2.13.61
- Industry: Music, books
- Founder: Henry Rollins
- Headquarters: United States
- Products: Record label, publisher
- Website: twothirteensixtyone.com

= 2.13.61 =

Henry Rollins' indie publishing company

2.13.61, Inc. is a publisher and record company founded by American musician Henry Rollins and named after his date of birth (February 13, 1961). The company has released albums by the Rollins Band, all of Rollins' spoken word work, and numerous books. It is based in Los Angeles, California.

In his mass-market anthology The Portable Henry Rollins, Rollins stated that he had given 2.13.61 its name because someone had told him that his first self-released book, 20 (1984), had to have a company name on it, and since he felt at the time that he would only ever get to release one book, he simply used his birthdate.

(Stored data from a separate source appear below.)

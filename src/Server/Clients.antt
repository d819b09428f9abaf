-- ===== src/Server/Clients.antt =====
-- The clients' sessions behind a call on one client or on many, as the loops of Src/Server/Server.cpp
-- make it.
use p2pchat.Prelude.{
  ℕ, ◌≡◌, refl, sym, ◌∙◌, ap, ap₂, subst, true, false, not, ◌==◌, none, some, inl, inr, ◌⊎◌, List,
  [], ◌∷◌, map, arith, Bool-cases, if◌then◌else◌,
}
use p2pchat.Outcome.{Outcome, ok, fail, undefined, exited, stuck, Reader, resume, modify}
use p2pchat.Session.{ClientHandle}
use p2pchat.Session.Cores.{Core, core, Same, packet-Same}
use p2pchat.Session.Sending.{send_user_info}
use p2pchat.Server.{
  find_client, first_with, each_with, Spread, answer_back, broadcast_loop, put_back, is_logged_in,
}
use p2pchat.Server.Sessions.{Move, Change, here, there}

abbrev pub cores : List ClientHandle → List Core
cores cs = map core cs

pub resume-keeps {ℓ κ} :
    {A : Type ℓ} {B : Type κ} (P : B → Type 0) (r : Outcome (Unit {0}) × A)
    (next : A → Outcome (Unit {0}) × B) (stop : A → B)
    → P (next r.1).1
    → P (stop r.1)
    → P (resume r next stop).1
resume-keeps P (ok _, a) next stop h g = h
resume-keeps P (fail, a) next stop h g = g
resume-keeps P (undefined, a) next stop h g = g
resume-keeps P (exited, a) next stop h g = g
resume-keeps P (stuck, a) next stop h g = g

-- A call that leaves the session alone.
pub first_with-Same :
    (id : ℕ) (call : Reader ClientHandle (Unit {0})) (cs : List ClientHandle)
    → Same call
    → cores (first_with id call cs).1 ≡ cores cs
unfolding first_with
first_with-Same id call [] same = refl
first_with-Same id call (c ∷ cs) same = elim (Bool-cases (c.unique_id == id)) [
  | inl e ↦ rw e (ap (λ k. k ∷ cores cs) (same c))
  | inr e ↦ rw e (ap (λ ks. core c ∷ ks) (first_with-Same id call cs same))
]

pub each_with-Same :
    (id : ℕ) (call : Reader ClientHandle (Unit {0})) (cs : List ClientHandle)
    → Same call
    → cores (each_with id call cs).1 ≡ cores cs
unfolding each_with
each_with-Same id call [] same = refl
each_with-Same id call (c ∷ cs) same =
    let rest = each_with-Same id call cs same in
    elim (Bool-cases (c.unique_id == id)) [
      | inl e ↦ rw e (
          resume-keeps (λ cs'. cores cs' ≡ cores (c ∷ cs)) (call c) _ _
            (ap₂ (λ k ks. k ∷ ks) (same c) rest) (ap (λ k. k ∷ cores cs) (same c)))
      | inr e ↦ rw e (ap (λ ks. core c ∷ ks) rest)
    ]

-- The client that is found is the first one, or it is found behind it.
pub find_client-cases :
    (id : ℕ) (c' : ClientHandle) (cs : List ClientHandle) (c : ClientHandle)
    → find_client id (c' ∷ cs) ≡ some c
    → (((c'.unique_id == id) ≡ true) × (c' ≡ c))
      ⊎ (((c'.unique_id == id) ≡ false) × (find_client id cs ≡ some c))
unfolding find_client
find_client-cases id c' cs c found = elim (Bool-cases (c'.unique_id == id)) [
  | inl e ↦
      let hit : some c' ≡ some c =
        subst (λ b. (if b then some c' else find_client id cs) ≡ some c) e found in
      inl (e, cc)
  | inr e ↦ inr (e, subst (λ b. (if b then some c' else find_client id cs) ≡ some c) e found)
]

find_client-nil : (id : ℕ) (c : ClientHandle) → find_client id [] ≡ some c → ⊥
unfolding find_client
find_client-nil id c found = cc

-- A client that is found has the number.
pub found-unique_id :
    (id : ℕ) (cs : List ClientHandle) (c : ClientHandle)
    → find_client id cs ≡ some c
    → c.unique_id ≡ id
found-unique_id id [] c found = absurd (find_client-nil id c found)
found-unique_id id (c' ∷ cs) c found = elim (find_client-cases id c' cs c found) [
  | inl (e, same) ↦ subst (λ x. x.unique_id ≡ id) same (ground arith)
  | inr (e, rest) ↦ found-unique_id id cs c rest
]

-- A call that moves the session of the client that it finds.
pub first_with-Change :
    (all : List Core) (id : ℕ) (call : Reader ClientHandle (Unit {0})) (cs : List ClientHandle)
    (c : ClientHandle)
    → find_client id cs ≡ some c
    → Move all (core c) (core (call c).1)
    → Change all (cores cs) (cores (first_with id call cs).1)
unfolding first_with
first_with-Change all id call [] c found m = absurd (find_client-nil id c found)
first_with-Change all id call (c' ∷ cs) c found m = elim (find_client-cases id c' cs c found) [
  | inl (e, same) ↦
      rw e (here _ _ _ (subst (λ x. Move all (core x) (core (call x).1)) (sym same) m))
  | inr (e, rest) ↦ rw e (there _ _ _ (first_with-Change all id call cs c rest m))
]

-- The client that is found is put back with the session that it had.
first_with-replace :
    (id : ℕ) (cs cs' : List ClientHandle) (c who : ClientHandle)
    → find_client id cs ≡ some c
    → cores cs' ≡ cores cs
    → core who ≡ core c
    → cores (first_with id (modify (λ _. who)) cs').1 ≡ cores cs
unfolding first_with
first_with-replace id cs [] c who found e same = e
first_with-replace id [] (c'' ∷ cs') c who found e same = absurd (find_client-nil id c found)
first_with-replace id (c' ∷ cs) (c'' ∷ cs') c who found e same =
    let head : core c'' ≡ core c' = cc in
    let tail : cores cs' ≡ cores cs = cc in
    let number : c''.unique_id ≡ c'.unique_id = ap (λ k. k.unique_id) head in
    elim (find_client-cases id c' cs c found) [
      | inl (e', same') ↦
          rw (ap (λ n. n == id) number ∙ e')
            (ap₂ (λ k ks. k ∷ ks) (same ∙ ap core (sym same')) tail)
      | inr (e', rest) ↦
          rw (ap (λ n. n == id) number ∙ e')
            (ap₂ (λ k ks. k ∷ ks) head (first_with-replace id cs cs' c who rest tail same))
    ]

send_user_info-Same : (who : ClientHandle) → Same (send_user_info who)
unfolding send_user_info
send_user_info-Same who c = packet-Same _ _ c

-- A broadcast.
abbrev SpreadSame : ClientHandle → List ClientHandle → Spread → Type 0
SpreadSame who cs (who', cs') = (core who' ≡ core who) × (cores cs' ≡ cores cs)

answer_back-same :
    (who c c' : ClientHandle) (cs : List ClientHandle)
    (next : ClientHandle → Outcome (Unit {0}) × Spread)
    → core c' ≡ core c
    → ((who' : ClientHandle) → core who' ≡ core who → SpreadSame who cs (next who').1)
    → SpreadSame who (c ∷ cs) (answer_back who c' cs next).1
unfolding answer_back
answer_back-same who c c' cs next same h = elim (Bool-cases (is_logged_in who)) [
  | inl e ↦ rw e (
      resume-keeps (SpreadSame who (c ∷ cs)) (send_user_info c' who) _ _
        (let (w, rest) = h _ (send_user_info-Same c' who) in (w, ap₂ (λ k ks. k ∷ ks) same rest))
        (send_user_info-Same c' who, ap (λ k. k ∷ cores cs) same))
  | inr e ↦ rw e (let (w, rest) = h who refl in (w, ap₂ (λ k ks. k ∷ ks) same rest))
]

broadcast_loop-same :
    (who : ClientHandle) (cs : List ClientHandle) → SpreadSame who cs (broadcast_loop who cs).1
unfolding broadcast_loop
broadcast_loop-same who [] = (refl, refl)
broadcast_loop-same who (c ∷ cs) = elim (Bool-cases (not (c.unique_id == who.unique_id))) [
  | inl e ↦ rw e (
      resume-keeps (SpreadSame who (c ∷ cs)) (send_user_info who c) _ _
        (answer_back-same who c _ cs (λ who'. broadcast_loop who' cs) (send_user_info-Same who c)
          (λ who' e'. let (w, rest) = broadcast_loop-same who' cs in (w ∙ e', rest)))
        (refl, ap (λ k. k ∷ cores cs) (send_user_info-Same who c)))
  | inr e ↦ rw e (let (w, rest) = broadcast_loop-same who cs in (w, ap (λ ks. core c ∷ ks) rest))
]

pub broadcast-same :
    (id : ℕ) (cs : List ClientHandle) (who : ClientHandle)
    → find_client id cs ≡ some who
    → cores (put_back (broadcast_loop who cs)).1 ≡ cores cs
broadcast-same id cs who found =
    let (same, rest) = broadcast_loop-same who cs in
    let (r, (who', cs')) = broadcast_loop who cs in
    subst (λ n. cores (first_with n (modify (λ _. who')) cs').1 ≡ cores cs)
      (sym (ap (λ k. k.unique_id) same ∙ found-unique_id id cs who found))
      (first_with-replace id cs cs' who who' found rest same)

-- A call on a client that is not there.
pub first_with-none :
    (id : ℕ) (call : Reader ClientHandle (Unit {0})) (cs : List ClientHandle)
    → find_client id cs ≡ none
    → (first_with id call cs).1 ≡ cs
unfolding first_with find_client
first_with-none id call [] missing = refl
first_with-none id call (c ∷ cs) missing = elim (Bool-cases (c.unique_id == id)) [
  | inl e ↦
      let hit : some c ≡ none =
        subst (λ b. (if b then some c else find_client id cs) ≡ none) e missing in
      cc
  | inr e ↦ rw e (
      ap (λ cs'. c ∷ cs')
        (first_with-none id call cs
          (subst (λ b. (if b then some c else find_client id cs) ≡ none) e missing)))
]

-- Where the sessions are the same, the client is found with the same session.
pub found-same :
    (id : ℕ) (cs cs' : List ClientHandle) (c : ClientHandle)
    → find_client id cs ≡ some c
    → cores cs' ≡ cores cs
    → (c' : ClientHandle) × (find_client id cs' ≡ some c') × (core c' ≡ core c)
unfolding find_client
found-same id [] cs' c found e = absurd (find_client-nil id c found)
found-same id (c' ∷ cs) [] c found e = cc
found-same id (c' ∷ cs) (c'' ∷ cs') c found e =
    let head : core c'' ≡ core c' = cc in
    let tail : cores cs' ≡ cores cs = cc in
    let number : c''.unique_id ≡ c'.unique_id = ap (λ k. k.unique_id) head in
    elim (find_client-cases id c' cs c found) [
      | inl (e', same) ↦ (c'', rw (ap (λ n. n == id) number ∙ e') refl, head ∙ ap core same)
      | inr (e', rest) ↦
          let (d, found', same) = found-same id cs cs' c rest tail in
          (d, rw (ap (λ n. n == id) number ∙ e') found', same)
    ]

2.13.61 branched out into releasing records not long after Rollins started a solo career following the breakup of Black Flag, initially just releasing Rollins' spoken-word albums. The first two 2.13.61 releases, Big Ugly Mouth and Sweatbox, were first co-released with the label Rollins was signed with at the time as a musician, Texas Hotel Records. Since then, the label has branched out into various rock and jazz releases and even spawned two specialist reissue sublabels, Infinite Zero Archive (a joint venture with Rick Rubin's American Recordings), and District Line, which specializes in reissuing the music of Rollins' hometown of Washington, D.C. It is also used as the name of Rollins' Blazin' (finishing move) in the video game Def Jam: Fight for NY.

The literary company's authors include: Henry Rollins (Publisher, Black Flag), Iggy Pop (The Stooges), Exene Cervenka (X, Auntie Christ, The Knitters), Nick Cave (Birthday Party, Bad Seeds, Grinderman), Michael Gira (Swans), Joe Cole, Tricia Warden, Don Bajema, Bill Shields, Jeffery Lee Pierce (The Gun Club), and Ellyn Maybe.